I believe in two bi-national States, or even one bi-national State including current Israel, Philastina (Ephraim) and Jordan, with equal representation in the Knesset and in a Popular Assembly at Abu Dis, among Jewish Israelis, Muslim Israelis and Christian Israelis, and the same 3-faiths representation by Philastinians. And a Supreme Court of 24 Elders, 8 Jewish, 8 Christian and 8 Moslem, meeting in the Dome of the Rock. This is recounted in James Jacob's forthcoming book of som 470 pp."Peace Process in the Holy Land, World Peace and Justice and the Future Architecture of the Universe....", which holds the Philastinians to be the Ten Lost Tribes of Israel, and no more Arabs just because they mainly speak Arabic than Americans or Aussies or English, just because we speak English.
The book is available in an earlier proof on the web at wwww.powells.com for about $19.18 and from www.barnesandnoble.com in hardback for, as I remember, $37 plus S&H.
Who is not for peace? Unfortunately, the danger of wanting and working for peace up to submitting to impossibled demands (right of return etc.) must stop, because it means suicide, national and personal. As an Israeli I am unwilling to take all the blame for not having peace with the Palestinians and the Arab world as a whole. Whether one likes it or not, it takes two to tango. As long as the sole raison d'être of Hamas and Hisbullah, as written in their chartas, is the destruction of Israel and to turn it into a “judenrein” Islamic state, there is not to much sense prostrating ourselves to the world proclaiming our love for peace, especially to states and their "Führers" who only see this as our basic weakness, as history has shown over and over again. We have to work for peace, but not for the peace of the graveyard. We have to get out of the occupied territories but without having rockets shot at us as a thank you in the aftermath. Gaza has taught us that. Furthermore, I have a problem with people who are, safely ensconced in the USA (and Europe) who claim to know better what is good for Israel, without them taking part in Israeli life and without taking responsibility for anything.

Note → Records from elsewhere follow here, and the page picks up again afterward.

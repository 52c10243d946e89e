-- ===== src/Timer/Clock/Units.antt =====
-- The start of the next day, hour, minute and second, as the first time of another unit.
use mathlib.Core.Path.{subst}
use czx.Base.{ℕ, ◌+◌, ◌≤◌, ◌<◌, ◌≡◌, refl, sym, ◌⊎◌, inl, inr, arith}
use czx.Timer.Clock.{Time, days_in, add_second}
use czx.Timer.Clock.Order.{
  time, IsTime, IsNextUnit, bounds, month_rank, day_rank, hour_rank, minute_rank, rank, month_after,
  day_after, hour_after, minute_after, month_after_within, month_after_last, day_after_within,
  day_after_last, hour_after_within, hour_after_last, minute_after_within, minute_after_last,
  second_after_within, second_after_last, month_after-IsNextUnit, at_end,
}

-- The units below a month, a day, an hour and a minute, at their start.
abbrev pub IsMonthStart : Time → Type 0
IsMonthStart t = (t.day ≡ 1) × (t.hour ≡ 0) × (t.minute ≡ 0) × (t.second ≡ 0)

abbrev pub IsDayStart : Time → Type 0
IsDayStart t = (t.hour ≡ 0) × (t.minute ≡ 0) × (t.second ≡ 0)

abbrev pub IsHourStart : Time → Type 0
IsHourStart t = (t.minute ≡ 0) × (t.second ≡ 0)

abbrev pub IsMinuteStart : Time → Type 0
IsMinuteStart t = t.second ≡ 0

-- The cases of a unit: within the outer one, or at its end.
month_end : (t : Time) → IsTime t → (t.month < 12) ⊎ (t.month ≡ 12)
month_end t v = ground (arith, v.month_le)

day_end :
    (t : Time) → IsTime t → (t.day < days_in t.year t.month) ⊎ (t.day ≡ days_in t.year t.month)
day_end t v = ground (arith, v.day_le)

pub last_of : (n k : ℕ) → (n < k) ⊎ (k ≤ n)
last_of n k = ground arith

pub month_after-IsMonthStart : (t : Time) → IsTime t → IsMonthStart (month_after t)
month_after-IsMonthStart t v = elim (month_end t v) [
  | inl h ↦ subst IsMonthStart (sym (month_after_within t v h)) (refl, refl, refl, refl)
  | inr h ↦ subst IsMonthStart (sym (month_after_last t v h)) (refl, refl, refl, refl)
]

month_start_day : (t : Time) → IsMonthStart t → IsDayStart t
month_start_day t s = (s.1, s.2, s.3)

pub day_after-IsDayStart : (t : Time) → IsTime t → IsDayStart (day_after t)
day_after-IsDayStart t v = elim (day_end t v) [
  | inl h ↦ subst IsDayStart (sym (day_after_within t v h)) (refl, refl, refl)
  | inr h ↦
      subst IsDayStart (sym (day_after_last t v h))
        (month_start_day (month_after t) (month_after-IsMonthStart t v))
]

pub hour_after-IsHourStart : (t : Time) → IsTime t → IsHourStart (hour_after t)
hour_after-IsHourStart t v = elim (last_of t.hour 23) [
  | inl h ↦ subst IsHourStart (sym (hour_after_within t h)) (refl, refl)
  | inr h ↦
      let s = day_after-IsDayStart t v in subst IsHourStart (sym (hour_after_last t v h)) (s.1, s.2)
]

pub minute_after-IsMinuteStart : (t : Time) → IsTime t → IsMinuteStart (minute_after t)
minute_after-IsMinuteStart t v = elim (last_of t.minute 59) [
  | inl h ↦ subst IsMinuteStart (sym (minute_after_within t h)) refl
  | inr h ↦ subst IsMinuteStart (sym (minute_after_last t h)) ((hour_after-IsHourStart t v).1)
]

pub same_month :
    (t u : Time)
    → IsTime t
    → IsTime u
    → month_rank u ≡ month_rank t
    → (u.year ≡ t.year) × (u.month ≡ t.month)
same_month t u v w e = (omega (arith, bounds v, bounds w), omega (arith, bounds v, bounds w))

-- Behind the month's last day there is none in the month.
last_day :
    (t u : Time)
    → IsTime t
    → IsTime u
    → t.day ≡ days_in t.year t.month
    → month_rank u ≡ month_rank t
    → rank t ≤ rank u
    → day_rank u ≡ day_rank t
last_day t u v w end e p =
    let same = same_month t u v w e in
    let days : days_in u.year u.month ≡ days_in t.year t.month = cc (same.0, same.1) in
    omega (arith, bounds v, bounds w, w.day_le)

same_day-IsTime :
    (t : Time) (h mi s : ℕ)
    → IsTime t
    → h < 24
    → mi < 60
    → s < 60
    → IsTime (time t.year t.month t.day h mi s)
same_day-IsTime t h mi s v p q r = record {
  year_pos = v.year_pos;
  month_pos = v.month_pos;
  month_le = v.month_le;
  day_pos = v.day_pos;
  day_le = v.day_le;
  hour_lt = p;
  minute_lt = q;
  second_lt = r;
}

pub day_after-IsNextUnit :
    (t : Time) → IsTime t → IsNextUnit day_rank month_rank (λ t. t.day) 1 t (day_after t)
day_after-IsNextUnit t v = elim (day_end t v) [
  | inl h ↦ subst (IsNextUnit _ _ _ 1 t) (sym (day_after_within t v h)) (record {
    is_time = record {
      year_pos = v.year_pos;
      month_pos = v.month_pos;
      month_le = v.month_le;
      day_pos = omega arith;
      day_le = omega arith;
      hour_lt = omega arith;
      minute_lt = omega arith;
      second_lt = omega arith;
    };
    is_later = omega (arith, bounds v);
    between = λ u w p q. omega (arith, bounds v, bounds w);
    kept = inr refl;
  })
  | inr h ↦ subst (IsNextUnit _ _ _ 1 t) (sym (day_after_last t v h)) (
      at_end (month_after-IsNextUnit t v) ((month_after-IsMonthStart t v).0)
        (λ u w same p. last_day t u v w h same p))
]

pub hour_after-IsNextUnit :
    (t : Time) → IsTime t → IsNextUnit hour_rank day_rank (λ t. t.hour) 0 t (hour_after t)
hour_after-IsNextUnit t v = elim (last_of t.hour 23) [
  | inl h ↦ subst (IsNextUnit _ _ _ 0 t) (sym (hour_after_within t h)) (record {
    is_time = same_day-IsTime t _ _ _ v (omega arith) (omega arith) (omega arith);
    is_later = omega (arith, bounds v);
    between = λ u w p q. omega (arith, bounds v, bounds w);
    kept = inr refl;
  })
  | inr h ↦ subst (IsNextUnit _ _ _ 0 t) (sym (hour_after_last t v h)) (
      at_end (day_after-IsNextUnit t v) ((day_after-IsDayStart t v).0)
        (λ u w same p. omega (arith, bounds v, bounds w)))
]

pub minute_after-IsNextUnit :
    (t : Time) → IsTime t → IsNextUnit minute_rank hour_rank (λ t. t.minute) 0 t (minute_after t)
minute_after-IsNextUnit t v = elim (last_of t.minute 59) [
  | inl h ↦ subst (IsNextUnit _ _ _ 0 t) (sym (minute_after_within t h)) (record {
    is_time = same_day-IsTime t _ _ _ v v.hour_lt (omega arith) (omega arith);
    is_later = omega (arith, bounds v);
    between = λ u w p q. omega (arith, bounds v, bounds w);
    kept = inr refl;
  })
  | inr h ↦ subst (IsNextUnit _ _ _ 0 t) (sym (minute_after_last t h)) (
      at_end (hour_after-IsNextUnit t v) ((hour_after-IsHourStart t v).0)
        (λ u w same p. omega (arith, bounds v, bounds w)))
]

pub add_second-IsNextUnit :
    (t : Time) → IsTime t → IsNextUnit rank minute_rank (λ t. t.second) 0 t (add_second t)
add_second-IsNextUnit t v = elim (last_of t.second 59) [
  | inl h ↦ subst (IsNextUnit _ _ _ 0 t) (sym (second_after_within t h)) (record {
    is_time = same_day-IsTime t _ _ _ v v.hour_lt v.minute_lt (omega arith);
    is_later = omega (arith, bounds v);
    between = λ u w p q. omega (arith, bounds v, bounds w);
    kept = inr refl;
  })
  | inr h ↦ subst (IsNextUnit _ _ _ 0 t) (sym (second_after_last t h)) (
      at_end (minute_after-IsNextUnit t v) (minute_after-IsMinuteStart t v)
        (λ u w same p. omega (arith, bounds v, bounds w)))
]

-- The start of the next unit is at most one year on.
pub month_after-year : (t : Time) → IsTime t → (month_after t).year ≤ t.year + 1
month_after-year t v = elim (month_end t v) [
  | inl h ↦ subst (λ u. u.year ≤ t.year + 1) (sym (month_after_within t v h)) (omega arith)
  | inr h ↦ subst (λ u. u.year ≤ t.year + 1) (sym (month_after_last t v h)) (omega arith)
]

pub day_after-year : (t : Time) → IsTime t → (day_after t).year ≤ t.year + 1
day_after-year t v = elim (day_end t v) [
  | inl h ↦ subst (λ u. u.year ≤ t.year + 1) (sym (day_after_within t v h)) (omega arith)
  | inr h ↦ subst (λ u. u.year ≤ t.year + 1) (sym (day_after_last t v h)) (month_after-year t v)
]

pub hour_after-year : (t : Time) → IsTime t → (hour_after t).year ≤ t.year + 1
hour_after-year t v = elim (last_of t.hour 23) [
  | inl h ↦ subst (λ u. u.year ≤ t.year + 1) (sym (hour_after_within t h)) (omega arith)
  | inr h ↦ subst (λ u. u.year ≤ t.year + 1) (sym (hour_after_last t v h)) (day_after-year t v)
]

pub minute_after-year : (t : Time) → IsTime t → (minute_after t).year ≤ t.year + 1
minute_after-year t v = elim (last_of t.minute 59) [
  | inl h ↦ subst (λ u. u.year ≤ t.year + 1) (sym (minute_after_within t h)) (omega arith)
  | inr h ↦ subst (λ u. u.year ≤ t.year + 1) (sym (minute_after_last t h)) (hour_after-year t v)
]

pub add_second-year : (t : Time) → IsTime t → (add_second t).year ≤ t.year + 1
add_second-year t v = elim (last_of t.second 59) [
  | inl h ↦ subst (λ u. u.year ≤ t.year + 1) (sym (second_after_within t h)) (omega arith)
  | inr h ↦ subst (λ u. u.year ≤ t.year + 1) (sym (second_after_last t h)) (minute_after-year t v)
]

I have been at too many funerals of terror victims not to learn that. I am convinced that the large majority of Israelis wants peace - this was proven to me during the month before leaving Gaza, thought opposition was strong too and sometimes even violent. But that unilateral (there is nothing wrong with that) show of actually doing something for peace turned life in the Israeli region around Gaza into a living hell - and we have learned the lesson.
I just watch the tragedy of the situation unfolding day after day and cannot believe that some people find it God's intention. What is God, then?
I support this letter. It is critical that Isreal be required to commence meaningful negotiations.
We need concrete actions to invigorate the peace process between Israel and the PA. Action on that front will help Gazans to rid themselves of Hamas.